Sky Zangas asked me to post this here for him:

[8:52:41 PM] Sky: "As many of you may know me and will recently made a void gigaminx, after it being such a success we wanted to bury the joke
We didn't have the money to do teraminx so we just jumped to petamimx.
The puzzle with more turning continues to improve and is now finger trickable 
Enjoy the video and pic."
[8:53:02 PM] Sky: http://twistypuzzles.com/forum/viewtopic.php?f=15&t=19197&p=233037#p233037


----------



## TheMachanga (Oct 20, 2010)

...

EDIT: They didn't have money for teraminx, but they did for petaminx?


----------



## CubesOfTheWorld (Oct 20, 2010)

My guess is that they wanted to do both the teraminx and petaminx, but they didn't have enough money for both, so they just did the one that would shock people more.

OnT: Very unique. I'm surprised that he made his own _void_ petaminx before he even made his own regular petaminx. Very impressive.


----------



## That70sShowDude (Oct 20, 2010)

Saw this earlier and it is awesome.
Good job Sky.


----------



## uberCuber (Oct 20, 2010)

That is frickin crazy


----------



## StachuK1992 (Oct 20, 2010)

"Princeton? Princeton."
"I just finished dieing."  I guess no Princeton. 
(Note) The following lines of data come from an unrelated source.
-- ===== src/LoadTest.antt =====
-- The load test's measurements of one subscription, from src/bin/loadtest.rs: `KeyStats` and
-- `parse_sub`. An `Instant` and a `Duration` are nanoseconds. Floating point is a parameter:
-- `index` is `(n as f64 * p) as usize`, and `scale` is `mul_f64(stall_factor)`.
pub mod Order
pub mod Stalls
pub mod Subs
pub mod Sweep
pub mod Judged
pub mod Arrivals
pub mod Passes
pub mod Pairs
pub mod Percentile
pub mod Marks
pub mod Carried
pub mod Args
pub mod Plan
pub mod Chunks
pub mod Planned
pub mod Spread
pub mod Outcome
pub mod Passed
pub mod Rows
pub mod Notes
use hypeha.Base.{
  ℕ, zero, suc, ◌+◌, ◌-◌, ◌/◌, ◌^◌, ◌≡◌, Bool, true, false, not, List, [], ◌∷◌, ◌++◌, Option, none,
  some, ltb, leb, ◌==◌, if◌then◌else◌, min, max, add_u32, add_u64, length, set, get_or, get_elem?,
  replicate, Text, codes, decimal, to_ascii_lowercase, ite, ℕ_discrete,
}
use hypeha.SubKey.{SubKey}
use hypeha.Stats.{millis}
use hypeha.Entry.{Seq}
use hypeha.Upstream.{block_time_ms}

pub record KeyStats : Type 0 where
  pub msgs : ℕ
  pub bytes : ℕ
  pub last_at : Option ℕ
  pub gaps : List ℕ
  pub stalls : List (ℕ × ℕ)
  pub stall_count : ℕ
  pub violations : List Text
  pub violation_count : ℕ
  pub limit : Option ℕ
  pub since_limit : ℕ
  pub last_seq : Option ℕ
  pub per_second : List ℕ
  pub ages_ms : List ℕ

abbrev pub default_key_stats : KeyStats
default_key_stats = record {
  msgs = 0;
  bytes = 0;
  last_at = none;
  gaps = [];
  stalls = [];
  stall_count = 0;
  violations = [];
  violation_count = 0;
  limit = none;
  since_limit = 0;
  last_seq = none;
  per_second = [];
  ages_ms = [];
}

-- `Vec::push` on a list that is kept below a length.
abbrev pub push_below {ℓ} : {A : Type ℓ} → ℕ → List A → A → List A
push_below cap xs x = if ltb (length xs) cap then xs ++ (x ∷ []) else xs

-- `sort_unstable` on numbers.
unfoldable pub insert_sorted : ℕ → List ℕ → List ℕ
insert_sorted n [] = n ∷ []
insert_sorted n (x ∷ xs) =
    let rest = insert_sorted n xs in if leb n x then n ∷ (x ∷ xs) else x ∷ rest

unfoldable pub sort_unstable : List ℕ → List ℕ
unfolding insert_sorted
sort_unstable [] = []
sort_unstable (x ∷ xs) = insert_sorted x (sort_unstable xs)

-- Whether a gap is a stall: `limit.is_some_and(|limit| gap > limit)`.
abbrev pub is_stall : Option ℕ → ℕ → Bool
is_stall none gap = false
is_stall (some limit) gap = ltb limit gap

abbrev pub note_stall : ℕ → ℕ → ℕ → KeyStats → KeyStats
note_stall prev start gap s =
    if is_stall s.limit gap
    then record s {
      stall_count = add_u64 s.stall_count 1;
      stalls = push_below 64 s.stalls (prev - start, gap);
    }
    else s

-- The counter of a second, one higher.
unfoldable pub count_second : ℕ → List ℕ → List ℕ
count_second sec seconds =
    let room =
      if leb (length seconds) sec
      then seconds ++ replicate (sec + 1 - length seconds) 0
      else seconds in
    set room sec (add_u32 (get_or room sec 0) 1)

module _ (index : ℕ → ℕ) where
  -- `none` for fewer than 32 gaps; an index past the end, which a quantile up to 1 does not give,
  -- is a panic of the code.
  unfoldable pub gap_quantile : KeyStats → Option ℕ
  gap_quantile s =
      if ltb (length s.gaps) 32
      then none
      else get_elem? (sort_unstable s.gaps) (index (length s.gaps - 1))

  unfoldable pub age_pct : KeyStats → Option ℕ
  age_pct s =
      if length s.ages_ms == 0
      then none
      else get_elem? (sort_unstable s.ages_ms) (index (length s.ages_ms - 1))

  module _ (scale : ℕ → ℕ) where
    abbrev pub new_limit : Option ℕ → Option ℕ
    new_limit none = none
    new_limit (some q) = some (max (scale q) (millis 250))

    -- The stall threshold, derived anew every 256 messages.
    unfoldable pub refresh_limit : KeyStats → KeyStats
    refresh_limit s =
        let since = add_u32 s.since_limit 1 in
        if leb 256 since
        then record s { since_limit = 0; limit = new_limit (gap_quantile s) }
        else record s { since_limit = since }

    abbrev pub note_gap : ℕ → ℕ → ℕ → KeyStats → KeyStats
    note_gap prev now start s =
        let gap = now - prev in
        let judged = note_stall prev start gap (refresh_limit s) in
        record judged { gaps = push_below 10_000 judged.gaps gap }

    unfoldable pub note : ℕ → ℕ → ℕ → KeyStats → KeyStats
    note now start len s =
        let counted = record s {
          msgs = add_u64 s.msgs 1;
          bytes = add_u64 s.bytes len;
          per_second = count_second ((now - start) / 1_000_000_000) s.per_second;
        } in
        let gapped : KeyStats = elim s.last_at [
          | none ↦ counted
          | some prev ↦ note_gap prev now start counted
        ] in
        record gapped { last_at = some now }

-- The gap still open at the end of the run.
unfoldable pub close : ℕ → ℕ → KeyStats → KeyStats
close end start s = elim s.last_at [ none ↦ s | some prev ↦ note_stall prev start (end - prev) s ]

unfoldable pub note_age : Text → ℕ → KeyStats → KeyStats × Option ℕ
note_age text now_ms s = elim (block_time_ms text) [
  | none ↦ (s, none)
  | some t ↦
      let age = min (now_ms - t) (2 ^ 32 - 1 - 1) in
      if ltb now_ms t then (s, none) else (record s { ages_ms = s.ages_ms ++ (age ∷ []) }, some age)
]

abbrev violation : Text → ℕ → ℕ → Text
violation label prev v = label ++ (codes ": " ++ (decimal prev ++ (codes " -> " ++ decimal v)))

-- The order check of a frame that is not a snapshot.
unfoldable pub order_after : Option ℕ → ℕ → Text → KeyStats → KeyStats
order_after none v label s = record s { last_seq = some v }
order_after (some prev) v label s =
    let noted =
      if ltb v prev
      then record s {
        violation_count = add_u64 s.violation_count 1;
        violations = push_below 64 s.violations (violation label prev v);
      }
      else s in
    record noted { last_seq = some v }

unfoldable pub order : Seq → Text → KeyStats → KeyStats
unfolding order_after
order (Seq.snapshot h) label s = record s { last_seq = none }
order (Seq.point v) label s = order_after s.last_seq v label s
order (Seq.block v) label s = order_after s.last_seq v label s
order (Seq.lead v) label s = order_after s.last_seq v label s
order (Seq.sticky v) label s = order_after s.last_seq v label s

-- `split_once(':')`
unfoldable pub split_once : ℕ → Text → Option (Text × Text)
split_once sep [] = none
split_once sep (c ∷ text) =
    let rest = split_once sep text in
    if c == sep
    then some ([], text)
    else elim rest [ none ↦ none | some (before, after) ↦ some (c ∷ before, after) ]

abbrev pub is_text : (a b : Text) → Dec (a ≡ b)
is_text = hlevel ℕ_discrete

abbrev pub levels_of : ℕ → Option ℕ
levels_of levels = if levels == 20 then none else some levels

unfoldable pub key_of_channel : Text → Text → ℕ → Option SubKey
key_of_channel channel key levels = ite (is_text channel (codes "bbo")) (some (SubKey.bbo key)) (
    ite (is_text channel (codes "l2Book")) (some (SubKey.l2_book key none (levels_of levels) none))
      (ite (is_text channel (codes "l2Diff"))
        (some (SubKey.l2_diff key none (levels_of levels) none))
        (ite (is_text channel (codes "l4Book")) (some (SubKey.l4_book key)) (
          ite (is_text channel (codes "trades")) (some (SubKey.trades key)) (
            ite (is_text channel (codes "bookDiffs")) (some (SubKey.book_diffs key)) (
              ite (is_text channel (codes "orderUpdates"))
                (some (SubKey.order_updates (to_ascii_lowercase key))) none))))))

unfoldable pub parse_sub : Text → ℕ → Option SubKey
unfolding key_of_channel
parse_sub spec levels = elim (split_once b':' spec) [
  | none ↦ none
  | some (channel, key) ↦ key_of_channel channel key levels
]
But really, great job! And make a SpeedSolving account already.


----------



## LewisJ (Oct 20, 2010)

In the first video, his hand is a right hand.
In the second video, his hand is a left hand.
What.


----------



## Sa967St (Oct 20, 2010)

LewisJ said:


> In the first video, his hand is a right hand.
> In the second video, his hand is a left hand.
> What.


 
The first video is mirrored, his right hand is missing fingers.


----------



## dimwmuni (Oct 20, 2010)

Void Examinx next? Or is that a little ridiculous.


----------



## uberCuber (Oct 20, 2010)

dimwmuni said:


> Void Examinx next? Or is that a little ridiculous.


 
i want to see a regular examinx first


----------



## qqwref (Oct 20, 2010)

This is pretty ridiculous. And I always thought "void petaminx" was just a joke.


----------



## dimwmuni (Oct 20, 2010)

qqwref said:


> This is pretty ridiculous. And I always thought "void petaminx" was just a joke.



Yeah I saw this thread and thought it was a joke, but I was surprised that one existed.


----------



## skza34 (Oct 20, 2010)

Ok finally got a speed solving account (cooldayr was taken for some reason?)
Oh well anyway I will sticker this as soon as my custom stickers arive 

Yes my right hand is effected 
Yes the puzzle is awesome 

And watch out cuz a few my go for sale and in about 2 weeks I will show this puzzle has a nice little twist to it


----------